Trade war threatens global growth: IMF

NUSA DUA, Indonesia — International Monetary Fund Managing Director Christine Lagarde on Thursday warned countries of the perils of a trade or a currency war, saying they could be detrimental to global growth and hurt “innocent bystanders”.
Lagarde, at the outset of the World Bank’s annual meeting with the IMF, urged countries to “de-escalate” trade frictions and fix global trading rules, rather than abandon them.
“We certainly hope we don’t move in either direction of a trade war or a currency war. It will be detrimental on both accounts for all participants,” Lagarde told a news conference during the annual meetings of the IMF and World Bank on the Indonesian resort island of Bali.
“And there would also be lots of innocent bystanders.”
She also defended central bank rate hikes in a veiled rebuke to Donald Trump after the US president blamed “crazy” Fed policies for contributing to financial market turmoil.
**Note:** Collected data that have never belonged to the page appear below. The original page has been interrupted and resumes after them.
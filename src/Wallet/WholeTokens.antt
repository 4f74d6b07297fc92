-- ===== src/Wallet/WholeTokens.antt =====
-- core/wallet/token.go: `GetWholeTokens`, on every branch.
use rubixgoplatform.Prelude.{
  ℕ, zero, suc, ◌-◌, ◌≤◌, ◌≡◌, ◌≢◌, refl, some, if◌then◌else◌, arith, ◌⊎◌, inl, inr, true, sym, ◌∙◌,
  ap, List, [], ◌∷◌, subst, All, All-take, All-map, length-take_le, take-length, map, ltb, length,
  take, Bool-cases, ◌==◌,
}
use rubixgoplatform.Storage.Rows.{Table, Distinct, Member}
use rubixgoplatform.Storage.Effects.{ok, err, Error}
use rubixgoplatform.Storage.Laws.{Found, FoundAll, read_all-cases}
use rubixgoplatform.Wallet.Token.{
  Token, key, token_is_free, token_is_pinned_as_service, whole_value,
}
use rubixgoplatform.Wallet.Tokens.{get_whole_tokens, whole_free, in_status}
use rubixgoplatform.Wallet.Moves.{Moves, stay}
use rubixgoplatform.Wallet.LockLoop.{locked, locked_row, Stands, LockPolicy, lock_loop-Locks}

pub Distinct-take : (n : ℕ) (ts : List Token) → Distinct key ts → Distinct key (take n ts)
Distinct-take zero ts h = tt
Distinct-take (suc n) [] h = tt
Distinct-take (suc n) (t ∷ ts) (ne, h) =
    (All-take (λ u. key u ≢ key t) n ts ne, Distinct-take n ts h)

-- A whole token that is free or, in mode 0, pinned as a service.
abbrev pub IsOffered : ℕ → Token → Type 0
IsOffered mode t =
    (t.token_value ≡ whole_value)
    × ((t.token_status ≡ token_is_free)
        ⊎ ((mode ≡ 0) × (t.token_status ≡ token_is_pinned_as_service)))

-- The query asks for the owner's tokens that are offered.
whole_free-IsOffered :
    (did mode : ℕ) (t : Token) → whole_free did mode t ≡ true → (t.did ≡ did) × IsOffered mode t
whole_free-IsOffered did mode t h = elim (Bool-cases (mode == 0)) [
  | inl zero_mode ↦ elim (Bool-cases (in_status token_is_free t)) [
    | inl free ↦ (ground arith, (ground arith, inl (ground arith)))
    | inr other ↦ (ground arith, (ground arith, inr (ground arith, ground arith)))
  ]
  | inr other ↦ (ground arith, (ground arith, inl (ground arith)))
]

IsOffered-whole_free :
    (did mode : ℕ) (t : Token) → t.did ≡ did → IsOffered mode t → whole_free did mode t ≡ true
IsOffered-whole_free did mode t own (value, inl free) = ground arith
IsOffered-whole_free did mode t own (value, inr (zero_mode, pinned)) = ground arith

-- What is taken of the rows that were found: as many as are wanted, or all.
abbrev wanted : ℕ → List Token → ℕ
wanted num l = if ltb num (length l) then num else length l

wanted_le : (num : ℕ) (l : List Token) → (wanted num l ≤ length l) × (wanted num l ≤ num)
wanted_le num l = ground arith

wanted_rest : (num : ℕ) (l : List Token) → (num - wanted num l ≡ 0) ⊎ (wanted num l ≡ length l)
wanted_rest num l = elim (Bool-cases (ltb num (length l))) [
  | inl e ↦ inl (ground arith)
  | inr e ↦ inr (ground arith)
]

module _ (g : Table Token key) (did num mode : ℕ) (d : g.Db) where
  -- The taken tokens, and what is left to find: at most as many tokens as are wanted, all of them
  -- offered whole tokens of the owner, each once; and if some are still wanted, every such token of
  -- the table is taken.
  abbrev pub Taken : List Token → Type 0
  Taken t =
      All (Stands g (IsOffered mode) did d) t
      × Distinct key t
      × (length t ≤ num)
      × ((num - length t ≡ 0)
          ⊎ ((k : ℕ) (r : Token)
              → g.row d k ≡ some r
              → r.did ≡ did
              → IsOffered mode r
              → Member r t))

  abbrev pub TakesWhole : Type 0
  TakesWhole =
      ((e : Error) × (d' : g.Db) × (get_whole_tokens g did num mode d ≡ (err e, d'))
        × Moves g (LockPolicy g (IsOffered mode) did) d d')
      ⊎ ((t : List Token) × (d' : g.Db) × (get_whole_tokens g did num mode d
            ≡ (ok (map locked t, num - length t), d'))
          × Taken t
          × Moves g (LockPolicy g (IsOffered mode) did) d d'
          × ((k : ℕ) → g.row d' k ≡ locked_row t k (g.row d k)))

  Taken-take :
      (l : List Token) → FoundAll g d (whole_free did mode) l → Taken (take (wanted num l) l)
  Taken-take l (st, ds, complete) =
      let (le_l, le_num) = wanted_le num l in
      let len = length-take_le (wanted num l) l le_l in
      (
        All-take (Stands g (IsOffered mode) did d) (wanted num l) l (
            All-map (Found g d (whole_free did mode)) (Stands g (IsOffered mode) did d) l
              (λ t (at, free).
                let (own, offered) = whole_free-IsOffered did mode t free in (at, own, offered))
              st),
        Distinct-take (wanted num l) l ds,
        omega arith,
        elim (wanted_rest num l) [
          | inl none_left ↦ inl (omega arith)
          | inr all_taken ↦ inr λ k r at own offered.
              subst (Member r) (sym (ap (λ n. take n l) all_taken ∙ take-length l))
                (complete k r at (IsOffered-whole_free did mode r own offered))
        ],
      )

  pub get_whole_tokens-TakesWhole : TakesWhole
  unfolding get_whole_tokens
  get_whole_tokens-TakesWhole = elim (read_all-cases g (whole_free did mode) d) [
    | inl (e, failed) ↦ inl (e, d, rw (failed, get_whole_tokens) refl, stay)
    | inr (l, found, all) ↦
        let t = take (wanted num l) l in
        let taken = Taken-take l all in
        elim (lock_loop-Locks g (IsOffered mode) did t d taken.0 taken.1) [
          | inl (e, d', failed, m) ↦ inl (e, d', rw (found, failed, get_whole_tokens) refl, m)
          | inr (d', done, m, rows) ↦ inr (
            t,
            d',
            rw (found, done, get_whole_tokens)
                (ap (λ n. (ok (map locked t, num - n), d'))
                  (sym (length-take_le (wanted num l) l (wanted_le num l).0))),
            taken,
            m,
            rows,
          )
        ]
  ]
A global market sell-off rolled on following Trump’s comments.
Lagarde said central bank rate increases such as those by the policy-setting US Federal Reserve were justified by fundamentals.
“It is clearly a necessary development for those economies that are showing much-improved growth, inflation that is picking up ... unemployment that is extremely low,” she said. “It’s inevitable that central banks make the decisions that they make.”
Following a sharp Wall Street sell-off on Wednesday, Trump said the Federal Reserve “is making a mistake”.
“I think the Fed has gone crazy,” he said.
In the shadow
Threats to growth and the trade that helps drive it are overshadowing the gathering of finance officials, central bankers and other leaders on Bali, a tropical tourist destination that reflects Indonesia’s own rapid development over the past three decades.
World Bank President Jim Yong Kim said escalating trade tensions between the US and China could undo global progress in helping end extreme poverty.
He joined Lagarde and others in warning of the risks to world growth and economic development from threats to world trade after the US imposed tariffs on tens of millions of dollars of Chinese exports and China responded with similar retaliatory taxes on imports of US goods.
“We’re very concerned about trade tensions,” Kim said. “Trade is very critical because that is what has lifted people out of extreme poverty.
“I am a globalist. That is my job. That is our only chance of ending extreme poverty. We need more trade not less trade.”
He said the World Bank was working with countries to prepare for a worsening situation because if tariffs were imposed to the most extreme limits there would be a “clear slowdown and the impact on the developing countries would be greater”.
Lagarde said she would advise Washington and Beijing to cool down.